Saved entries
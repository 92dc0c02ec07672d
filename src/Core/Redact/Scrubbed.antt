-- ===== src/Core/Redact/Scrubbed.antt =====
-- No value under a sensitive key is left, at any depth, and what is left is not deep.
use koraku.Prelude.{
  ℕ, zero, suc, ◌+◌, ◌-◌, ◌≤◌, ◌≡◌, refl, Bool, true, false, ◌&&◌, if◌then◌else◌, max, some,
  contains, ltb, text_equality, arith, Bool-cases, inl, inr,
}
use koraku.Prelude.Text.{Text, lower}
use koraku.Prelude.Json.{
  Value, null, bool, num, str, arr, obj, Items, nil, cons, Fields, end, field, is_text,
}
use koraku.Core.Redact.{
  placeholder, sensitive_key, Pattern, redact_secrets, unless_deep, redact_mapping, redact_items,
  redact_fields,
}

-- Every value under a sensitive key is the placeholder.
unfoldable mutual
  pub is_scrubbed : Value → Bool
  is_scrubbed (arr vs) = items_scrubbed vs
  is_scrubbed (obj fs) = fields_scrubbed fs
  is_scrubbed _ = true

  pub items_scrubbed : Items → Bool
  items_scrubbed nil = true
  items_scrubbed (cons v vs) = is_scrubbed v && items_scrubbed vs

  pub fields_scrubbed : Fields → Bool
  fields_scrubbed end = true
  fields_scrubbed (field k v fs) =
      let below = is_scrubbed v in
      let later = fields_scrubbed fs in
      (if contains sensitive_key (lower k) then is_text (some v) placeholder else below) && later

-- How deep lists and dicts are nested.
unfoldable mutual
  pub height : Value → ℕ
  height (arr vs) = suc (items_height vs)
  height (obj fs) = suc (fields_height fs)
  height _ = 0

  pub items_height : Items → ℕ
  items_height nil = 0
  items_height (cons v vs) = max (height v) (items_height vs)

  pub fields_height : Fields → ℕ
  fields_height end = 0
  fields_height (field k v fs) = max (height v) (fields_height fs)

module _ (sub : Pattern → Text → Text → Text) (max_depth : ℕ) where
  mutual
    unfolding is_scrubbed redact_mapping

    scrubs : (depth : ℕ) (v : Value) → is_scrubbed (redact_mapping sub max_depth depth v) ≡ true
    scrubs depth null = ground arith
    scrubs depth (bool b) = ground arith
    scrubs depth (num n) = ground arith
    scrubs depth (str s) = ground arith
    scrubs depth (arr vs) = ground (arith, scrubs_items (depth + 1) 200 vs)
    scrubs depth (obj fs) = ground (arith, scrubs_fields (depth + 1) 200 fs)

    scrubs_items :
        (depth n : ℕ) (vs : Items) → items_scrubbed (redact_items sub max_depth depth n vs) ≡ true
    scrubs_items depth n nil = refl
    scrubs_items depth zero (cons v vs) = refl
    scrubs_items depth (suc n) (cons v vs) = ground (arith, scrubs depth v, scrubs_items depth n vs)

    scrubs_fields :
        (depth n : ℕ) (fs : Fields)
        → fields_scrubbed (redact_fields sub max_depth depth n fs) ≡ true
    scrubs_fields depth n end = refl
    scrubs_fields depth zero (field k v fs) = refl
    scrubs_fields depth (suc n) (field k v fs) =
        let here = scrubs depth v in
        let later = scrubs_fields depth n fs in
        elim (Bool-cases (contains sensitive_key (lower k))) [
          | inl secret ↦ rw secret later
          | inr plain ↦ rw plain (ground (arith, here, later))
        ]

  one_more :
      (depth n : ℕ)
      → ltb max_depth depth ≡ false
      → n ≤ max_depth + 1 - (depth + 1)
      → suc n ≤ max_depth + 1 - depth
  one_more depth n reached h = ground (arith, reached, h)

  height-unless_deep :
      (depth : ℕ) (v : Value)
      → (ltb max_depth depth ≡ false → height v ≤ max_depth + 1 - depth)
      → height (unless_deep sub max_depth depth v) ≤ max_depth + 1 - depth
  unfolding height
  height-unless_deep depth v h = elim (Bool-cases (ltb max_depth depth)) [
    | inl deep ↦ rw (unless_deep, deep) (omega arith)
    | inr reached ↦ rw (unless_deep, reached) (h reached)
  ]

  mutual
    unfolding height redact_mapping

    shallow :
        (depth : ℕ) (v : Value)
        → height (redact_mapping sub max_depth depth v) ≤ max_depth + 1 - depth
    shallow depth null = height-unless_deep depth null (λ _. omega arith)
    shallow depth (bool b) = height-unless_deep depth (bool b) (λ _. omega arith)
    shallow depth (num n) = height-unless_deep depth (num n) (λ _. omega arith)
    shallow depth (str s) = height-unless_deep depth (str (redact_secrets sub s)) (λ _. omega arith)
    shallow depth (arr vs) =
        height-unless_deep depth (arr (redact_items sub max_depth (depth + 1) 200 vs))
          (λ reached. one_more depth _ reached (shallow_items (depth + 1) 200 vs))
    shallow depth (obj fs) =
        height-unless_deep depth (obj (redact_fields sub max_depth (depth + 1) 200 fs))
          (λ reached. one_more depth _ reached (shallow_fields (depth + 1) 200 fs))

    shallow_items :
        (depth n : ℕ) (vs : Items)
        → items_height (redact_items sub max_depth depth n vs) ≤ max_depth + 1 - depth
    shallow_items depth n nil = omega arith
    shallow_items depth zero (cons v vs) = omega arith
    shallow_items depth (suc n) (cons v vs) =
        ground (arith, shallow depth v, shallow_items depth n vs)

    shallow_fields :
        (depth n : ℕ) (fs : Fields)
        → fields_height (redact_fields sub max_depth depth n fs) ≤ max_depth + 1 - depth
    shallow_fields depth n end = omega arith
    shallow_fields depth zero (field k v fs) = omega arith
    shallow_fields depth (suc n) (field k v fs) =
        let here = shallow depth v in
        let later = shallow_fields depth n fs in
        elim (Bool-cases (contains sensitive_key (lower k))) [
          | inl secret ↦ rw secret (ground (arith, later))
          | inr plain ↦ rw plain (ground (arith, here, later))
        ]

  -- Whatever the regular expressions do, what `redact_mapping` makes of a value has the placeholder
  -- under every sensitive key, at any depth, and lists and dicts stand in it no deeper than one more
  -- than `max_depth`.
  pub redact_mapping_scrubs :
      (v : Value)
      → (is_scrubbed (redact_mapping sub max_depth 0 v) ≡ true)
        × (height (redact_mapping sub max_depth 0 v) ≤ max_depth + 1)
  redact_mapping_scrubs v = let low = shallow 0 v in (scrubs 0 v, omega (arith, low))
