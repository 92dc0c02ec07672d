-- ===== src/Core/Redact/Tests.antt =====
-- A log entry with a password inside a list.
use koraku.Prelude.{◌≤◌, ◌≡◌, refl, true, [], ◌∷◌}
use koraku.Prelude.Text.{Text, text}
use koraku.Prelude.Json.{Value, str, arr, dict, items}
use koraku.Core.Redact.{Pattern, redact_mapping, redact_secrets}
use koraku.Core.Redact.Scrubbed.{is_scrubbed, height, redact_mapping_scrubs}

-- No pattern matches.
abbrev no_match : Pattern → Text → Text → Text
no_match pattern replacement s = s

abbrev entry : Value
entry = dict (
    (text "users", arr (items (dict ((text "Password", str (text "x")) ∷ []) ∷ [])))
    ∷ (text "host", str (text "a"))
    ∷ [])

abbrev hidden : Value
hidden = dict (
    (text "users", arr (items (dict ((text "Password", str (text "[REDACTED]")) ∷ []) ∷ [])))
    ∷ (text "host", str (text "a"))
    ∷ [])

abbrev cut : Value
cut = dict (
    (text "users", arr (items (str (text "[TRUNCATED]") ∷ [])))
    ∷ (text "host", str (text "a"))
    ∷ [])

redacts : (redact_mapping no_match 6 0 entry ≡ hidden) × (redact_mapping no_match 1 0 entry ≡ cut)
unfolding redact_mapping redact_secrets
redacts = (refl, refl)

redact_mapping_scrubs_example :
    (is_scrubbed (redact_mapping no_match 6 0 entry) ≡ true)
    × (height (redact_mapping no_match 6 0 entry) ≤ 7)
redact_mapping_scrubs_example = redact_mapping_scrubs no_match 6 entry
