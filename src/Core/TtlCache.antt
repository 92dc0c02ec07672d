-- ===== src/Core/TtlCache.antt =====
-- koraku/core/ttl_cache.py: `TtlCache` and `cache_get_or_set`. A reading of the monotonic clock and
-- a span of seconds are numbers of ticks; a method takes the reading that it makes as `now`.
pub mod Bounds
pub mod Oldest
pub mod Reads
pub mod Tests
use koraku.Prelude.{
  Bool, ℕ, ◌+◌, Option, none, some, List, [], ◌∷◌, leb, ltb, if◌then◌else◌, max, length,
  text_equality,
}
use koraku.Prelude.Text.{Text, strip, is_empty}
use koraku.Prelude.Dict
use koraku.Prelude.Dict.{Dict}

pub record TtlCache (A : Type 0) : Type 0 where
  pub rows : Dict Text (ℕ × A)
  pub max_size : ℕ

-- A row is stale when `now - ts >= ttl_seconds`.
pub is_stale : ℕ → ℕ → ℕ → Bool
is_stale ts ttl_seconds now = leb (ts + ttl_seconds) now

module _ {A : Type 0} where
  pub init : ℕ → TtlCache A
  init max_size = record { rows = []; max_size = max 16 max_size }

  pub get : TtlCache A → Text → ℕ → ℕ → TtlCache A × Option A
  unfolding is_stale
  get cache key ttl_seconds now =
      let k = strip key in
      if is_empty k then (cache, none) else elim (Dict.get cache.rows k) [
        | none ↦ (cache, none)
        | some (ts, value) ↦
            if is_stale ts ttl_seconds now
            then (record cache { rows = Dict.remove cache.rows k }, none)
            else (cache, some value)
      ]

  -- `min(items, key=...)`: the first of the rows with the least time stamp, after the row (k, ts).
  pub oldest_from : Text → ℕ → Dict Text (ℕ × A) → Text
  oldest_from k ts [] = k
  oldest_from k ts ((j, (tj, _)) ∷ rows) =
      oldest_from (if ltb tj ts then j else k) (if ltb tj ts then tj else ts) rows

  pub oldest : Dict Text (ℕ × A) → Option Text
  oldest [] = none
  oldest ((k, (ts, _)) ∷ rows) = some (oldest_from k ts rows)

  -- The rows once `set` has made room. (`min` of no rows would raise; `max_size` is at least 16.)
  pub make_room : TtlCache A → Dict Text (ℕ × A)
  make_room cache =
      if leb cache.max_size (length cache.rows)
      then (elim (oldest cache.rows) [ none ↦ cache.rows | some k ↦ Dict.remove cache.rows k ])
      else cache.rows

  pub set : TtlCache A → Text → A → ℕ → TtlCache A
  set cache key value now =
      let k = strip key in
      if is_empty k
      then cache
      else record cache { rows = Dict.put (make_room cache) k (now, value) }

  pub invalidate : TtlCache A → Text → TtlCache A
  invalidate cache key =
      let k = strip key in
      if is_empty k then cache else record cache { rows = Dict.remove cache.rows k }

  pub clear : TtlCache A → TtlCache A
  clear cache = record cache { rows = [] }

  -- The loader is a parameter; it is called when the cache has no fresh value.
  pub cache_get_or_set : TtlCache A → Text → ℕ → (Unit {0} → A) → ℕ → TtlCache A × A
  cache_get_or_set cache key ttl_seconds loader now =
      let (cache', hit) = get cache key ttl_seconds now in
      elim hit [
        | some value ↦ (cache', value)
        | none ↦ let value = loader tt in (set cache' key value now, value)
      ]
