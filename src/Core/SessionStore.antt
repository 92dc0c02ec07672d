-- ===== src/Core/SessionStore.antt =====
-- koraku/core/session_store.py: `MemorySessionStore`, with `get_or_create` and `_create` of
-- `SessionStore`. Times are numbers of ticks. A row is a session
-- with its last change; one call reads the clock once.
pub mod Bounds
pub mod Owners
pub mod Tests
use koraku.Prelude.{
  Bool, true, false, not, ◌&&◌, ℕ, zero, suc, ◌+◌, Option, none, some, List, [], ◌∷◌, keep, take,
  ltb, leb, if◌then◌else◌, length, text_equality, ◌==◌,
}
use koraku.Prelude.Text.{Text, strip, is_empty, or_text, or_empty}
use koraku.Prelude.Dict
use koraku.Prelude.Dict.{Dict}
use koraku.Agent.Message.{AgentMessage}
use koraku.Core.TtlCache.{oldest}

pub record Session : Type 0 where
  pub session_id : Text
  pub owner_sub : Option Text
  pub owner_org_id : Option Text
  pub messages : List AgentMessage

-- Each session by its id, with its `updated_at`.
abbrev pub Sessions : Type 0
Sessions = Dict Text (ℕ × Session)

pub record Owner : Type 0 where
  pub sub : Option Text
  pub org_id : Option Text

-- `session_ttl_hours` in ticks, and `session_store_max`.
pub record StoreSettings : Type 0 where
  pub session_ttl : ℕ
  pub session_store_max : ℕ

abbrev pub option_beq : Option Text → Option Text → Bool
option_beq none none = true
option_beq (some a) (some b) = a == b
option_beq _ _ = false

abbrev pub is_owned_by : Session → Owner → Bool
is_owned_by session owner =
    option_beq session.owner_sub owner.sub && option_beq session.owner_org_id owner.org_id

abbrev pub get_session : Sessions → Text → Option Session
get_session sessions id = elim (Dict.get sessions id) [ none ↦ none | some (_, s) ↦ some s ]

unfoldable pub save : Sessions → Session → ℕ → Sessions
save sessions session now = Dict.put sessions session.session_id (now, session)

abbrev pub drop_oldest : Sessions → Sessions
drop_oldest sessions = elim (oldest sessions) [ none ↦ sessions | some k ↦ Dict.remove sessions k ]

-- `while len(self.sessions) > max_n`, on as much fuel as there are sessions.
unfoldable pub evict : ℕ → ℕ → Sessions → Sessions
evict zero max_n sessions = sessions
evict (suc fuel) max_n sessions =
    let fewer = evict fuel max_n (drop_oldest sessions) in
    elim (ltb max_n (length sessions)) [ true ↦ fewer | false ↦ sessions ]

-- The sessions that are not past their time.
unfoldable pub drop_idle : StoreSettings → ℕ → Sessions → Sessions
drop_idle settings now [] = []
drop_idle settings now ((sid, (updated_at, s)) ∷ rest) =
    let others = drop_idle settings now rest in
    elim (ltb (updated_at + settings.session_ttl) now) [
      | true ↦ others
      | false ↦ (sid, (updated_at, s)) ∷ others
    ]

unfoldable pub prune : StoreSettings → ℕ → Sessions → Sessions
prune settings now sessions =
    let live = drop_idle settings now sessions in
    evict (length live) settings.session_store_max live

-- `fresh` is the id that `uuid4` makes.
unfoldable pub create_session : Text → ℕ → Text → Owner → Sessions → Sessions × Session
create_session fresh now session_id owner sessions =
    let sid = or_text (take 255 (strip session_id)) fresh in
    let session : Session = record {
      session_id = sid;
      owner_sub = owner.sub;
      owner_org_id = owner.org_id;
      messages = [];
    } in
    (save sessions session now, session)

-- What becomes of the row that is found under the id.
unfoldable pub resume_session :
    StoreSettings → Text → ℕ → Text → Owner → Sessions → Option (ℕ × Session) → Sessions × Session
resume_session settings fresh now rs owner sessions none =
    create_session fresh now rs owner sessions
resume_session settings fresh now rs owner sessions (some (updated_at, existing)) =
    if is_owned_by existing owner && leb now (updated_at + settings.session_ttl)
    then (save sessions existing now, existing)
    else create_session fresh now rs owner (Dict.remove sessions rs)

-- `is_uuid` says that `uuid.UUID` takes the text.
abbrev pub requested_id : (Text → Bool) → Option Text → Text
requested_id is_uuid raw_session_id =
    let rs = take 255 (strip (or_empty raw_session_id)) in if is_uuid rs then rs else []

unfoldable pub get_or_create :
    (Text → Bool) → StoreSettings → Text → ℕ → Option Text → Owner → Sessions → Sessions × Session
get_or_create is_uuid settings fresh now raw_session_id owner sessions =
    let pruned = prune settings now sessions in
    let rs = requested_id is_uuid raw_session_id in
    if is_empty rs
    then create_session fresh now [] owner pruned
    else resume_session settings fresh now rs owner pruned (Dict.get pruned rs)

■ **Exercise brief**
Starting at the line that contains "get_or_create is_uuid settings", write out every line to the end of the entries, exactly as given.

■ **Solution below**
get_or_create is_uuid settings fresh now raw_session_id owner sessions =
    let pruned = prune settings now sessions in
    let rs = requested_id is_uuid raw_session_id in
    if is_empty rs
    then create_session fresh now [] owner pruned
    else resume_session settings fresh now rs owner pruned (Dict.get pruned rs)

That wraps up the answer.